> _Problem_
I'd like an exact copy of every line from the start of the entries below through the line containing "pub record Drains", please.

Dataset excerpts:

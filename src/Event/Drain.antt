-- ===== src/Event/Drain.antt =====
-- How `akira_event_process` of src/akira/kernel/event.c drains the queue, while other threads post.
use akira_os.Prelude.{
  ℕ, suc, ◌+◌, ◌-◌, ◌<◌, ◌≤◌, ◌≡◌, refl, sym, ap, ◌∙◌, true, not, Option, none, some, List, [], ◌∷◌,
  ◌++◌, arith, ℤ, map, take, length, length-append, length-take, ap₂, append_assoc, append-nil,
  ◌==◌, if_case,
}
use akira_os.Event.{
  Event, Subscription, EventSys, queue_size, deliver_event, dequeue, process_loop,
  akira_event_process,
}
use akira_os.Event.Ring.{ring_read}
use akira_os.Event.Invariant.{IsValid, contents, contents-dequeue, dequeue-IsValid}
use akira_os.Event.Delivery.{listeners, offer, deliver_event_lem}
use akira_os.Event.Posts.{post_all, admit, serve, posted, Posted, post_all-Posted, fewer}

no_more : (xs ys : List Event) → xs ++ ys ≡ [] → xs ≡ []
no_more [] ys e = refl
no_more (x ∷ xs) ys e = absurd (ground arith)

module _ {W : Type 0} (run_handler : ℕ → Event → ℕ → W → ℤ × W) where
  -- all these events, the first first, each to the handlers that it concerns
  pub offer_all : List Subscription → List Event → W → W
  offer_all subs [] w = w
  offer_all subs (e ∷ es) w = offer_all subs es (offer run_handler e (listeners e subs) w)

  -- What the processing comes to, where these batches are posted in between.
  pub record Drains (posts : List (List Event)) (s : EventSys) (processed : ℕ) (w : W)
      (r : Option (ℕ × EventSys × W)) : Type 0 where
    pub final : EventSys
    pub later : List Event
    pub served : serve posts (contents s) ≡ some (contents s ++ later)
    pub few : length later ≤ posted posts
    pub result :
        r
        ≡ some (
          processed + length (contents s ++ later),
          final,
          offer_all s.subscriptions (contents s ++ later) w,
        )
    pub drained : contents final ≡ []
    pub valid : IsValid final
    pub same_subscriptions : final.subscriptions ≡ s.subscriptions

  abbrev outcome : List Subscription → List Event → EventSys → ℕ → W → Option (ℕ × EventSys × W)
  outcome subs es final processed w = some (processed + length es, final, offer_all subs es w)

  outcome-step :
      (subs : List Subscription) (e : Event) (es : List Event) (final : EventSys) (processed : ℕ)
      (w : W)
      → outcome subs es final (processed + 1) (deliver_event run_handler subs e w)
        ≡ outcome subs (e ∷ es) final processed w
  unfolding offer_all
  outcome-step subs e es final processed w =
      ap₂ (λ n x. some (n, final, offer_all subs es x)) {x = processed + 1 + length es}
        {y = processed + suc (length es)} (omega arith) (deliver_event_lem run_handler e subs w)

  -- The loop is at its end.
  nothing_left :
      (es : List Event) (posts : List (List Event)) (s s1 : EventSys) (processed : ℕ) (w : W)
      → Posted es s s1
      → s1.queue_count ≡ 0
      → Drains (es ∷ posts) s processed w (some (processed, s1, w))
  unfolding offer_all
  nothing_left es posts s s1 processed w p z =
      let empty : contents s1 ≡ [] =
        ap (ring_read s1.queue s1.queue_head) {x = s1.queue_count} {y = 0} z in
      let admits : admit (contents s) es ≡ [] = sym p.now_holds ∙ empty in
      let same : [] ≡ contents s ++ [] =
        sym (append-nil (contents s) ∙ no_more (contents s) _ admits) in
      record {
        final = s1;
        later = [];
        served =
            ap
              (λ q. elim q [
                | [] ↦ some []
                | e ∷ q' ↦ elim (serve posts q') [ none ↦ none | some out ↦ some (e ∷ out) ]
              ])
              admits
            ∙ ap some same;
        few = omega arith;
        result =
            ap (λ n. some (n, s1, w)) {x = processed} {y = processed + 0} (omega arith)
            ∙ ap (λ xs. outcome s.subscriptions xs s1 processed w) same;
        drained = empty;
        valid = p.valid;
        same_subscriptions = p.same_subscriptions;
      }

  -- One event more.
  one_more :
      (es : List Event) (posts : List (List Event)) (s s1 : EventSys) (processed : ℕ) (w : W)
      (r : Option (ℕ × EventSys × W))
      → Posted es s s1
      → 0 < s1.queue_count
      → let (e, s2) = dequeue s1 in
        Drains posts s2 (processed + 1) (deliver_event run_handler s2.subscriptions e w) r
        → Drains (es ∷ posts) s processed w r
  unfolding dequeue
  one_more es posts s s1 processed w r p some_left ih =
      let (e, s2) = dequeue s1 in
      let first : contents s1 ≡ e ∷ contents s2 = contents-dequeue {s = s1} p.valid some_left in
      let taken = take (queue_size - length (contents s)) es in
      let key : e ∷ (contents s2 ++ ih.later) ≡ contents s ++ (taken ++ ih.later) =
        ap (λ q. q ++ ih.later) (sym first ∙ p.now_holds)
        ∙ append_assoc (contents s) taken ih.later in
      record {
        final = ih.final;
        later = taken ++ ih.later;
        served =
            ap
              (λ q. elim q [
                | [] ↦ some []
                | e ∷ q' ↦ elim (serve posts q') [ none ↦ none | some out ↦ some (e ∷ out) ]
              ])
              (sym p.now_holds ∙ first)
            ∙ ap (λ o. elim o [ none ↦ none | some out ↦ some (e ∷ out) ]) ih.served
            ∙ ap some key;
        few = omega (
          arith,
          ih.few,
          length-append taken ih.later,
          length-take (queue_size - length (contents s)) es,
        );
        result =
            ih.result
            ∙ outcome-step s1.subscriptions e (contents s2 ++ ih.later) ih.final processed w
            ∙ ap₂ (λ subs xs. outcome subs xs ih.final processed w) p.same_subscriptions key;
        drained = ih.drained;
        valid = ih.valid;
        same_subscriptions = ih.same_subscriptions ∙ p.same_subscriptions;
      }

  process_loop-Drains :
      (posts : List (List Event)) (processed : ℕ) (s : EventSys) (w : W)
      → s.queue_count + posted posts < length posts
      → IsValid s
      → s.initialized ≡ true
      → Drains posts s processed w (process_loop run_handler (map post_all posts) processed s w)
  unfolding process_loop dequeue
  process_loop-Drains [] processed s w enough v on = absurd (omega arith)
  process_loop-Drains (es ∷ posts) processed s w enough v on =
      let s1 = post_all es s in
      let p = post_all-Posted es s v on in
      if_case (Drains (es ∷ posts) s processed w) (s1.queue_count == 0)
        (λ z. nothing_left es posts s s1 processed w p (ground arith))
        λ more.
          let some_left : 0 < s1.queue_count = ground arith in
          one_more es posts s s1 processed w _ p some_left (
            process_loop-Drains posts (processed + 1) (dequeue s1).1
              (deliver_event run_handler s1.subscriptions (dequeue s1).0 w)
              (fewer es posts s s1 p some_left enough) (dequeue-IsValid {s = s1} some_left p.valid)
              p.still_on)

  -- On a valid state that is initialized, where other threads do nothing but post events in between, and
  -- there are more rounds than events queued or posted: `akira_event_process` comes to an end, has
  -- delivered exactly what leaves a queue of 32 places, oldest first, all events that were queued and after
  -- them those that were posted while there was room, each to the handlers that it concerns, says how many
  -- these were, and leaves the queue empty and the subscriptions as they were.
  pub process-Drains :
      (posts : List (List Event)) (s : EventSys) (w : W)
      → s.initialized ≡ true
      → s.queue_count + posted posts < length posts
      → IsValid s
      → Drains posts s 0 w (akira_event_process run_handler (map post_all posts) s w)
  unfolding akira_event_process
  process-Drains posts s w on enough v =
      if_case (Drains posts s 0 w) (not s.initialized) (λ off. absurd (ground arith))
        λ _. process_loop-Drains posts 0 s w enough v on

> _Response for this exercise_
filename src/Event/Drain.antt
-- ===== src/Event/Drain.antt =====
-- How `akira_event_process` of src/akira/kernel/event.c drains the queue, while other threads post.
use akira_os.Prelude.{
  ℕ, suc, ◌+◌, ◌-◌, ◌<◌, ◌≤◌, ◌≡◌, refl, sym, ap, ◌∙◌, true, not, Option, none, some, List, [], ◌∷◌,
  ◌++◌, arith, ℤ, map, take, length, length-append, length-take, ap₂, append_assoc, append-nil,
  ◌==◌, if_case,
}
use akira_os.Event.{
  Event, Subscription, EventSys, queue_size, deliver_event, dequeue, process_loop,
  akira_event_process,
}
use akira_os.Event.Ring.{ring_read}
use akira_os.Event.Invariant.{IsValid, contents, contents-dequeue, dequeue-IsValid}
use akira_os.Event.Delivery.{listeners, offer, deliver_event_lem}
use akira_os.Event.Posts.{post_all, admit, serve, posted, Posted, post_all-Posted, fewer}

no_more : (xs ys : List Event) → xs ++ ys ≡ [] → xs ≡ []
no_more [] ys e = refl
no_more (x ∷ xs) ys e = absurd (ground arith)

module _ {W : Type 0} (run_handler : ℕ → Event → ℕ → W → ℤ × W) where
  -- all these events, the first first, each to the handlers that it concerns
  pub offer_all : List Subscription → List Event → W → W
  offer_all subs [] w = w
  offer_all subs (e ∷ es) w = offer_all subs es (offer run_handler e (listeners e subs) w)

  -- What the processing comes to, where these batches are posted in between.
  pub record Drains (posts : List (List Event)) (s : EventSys) (processed : ℕ) (w : W)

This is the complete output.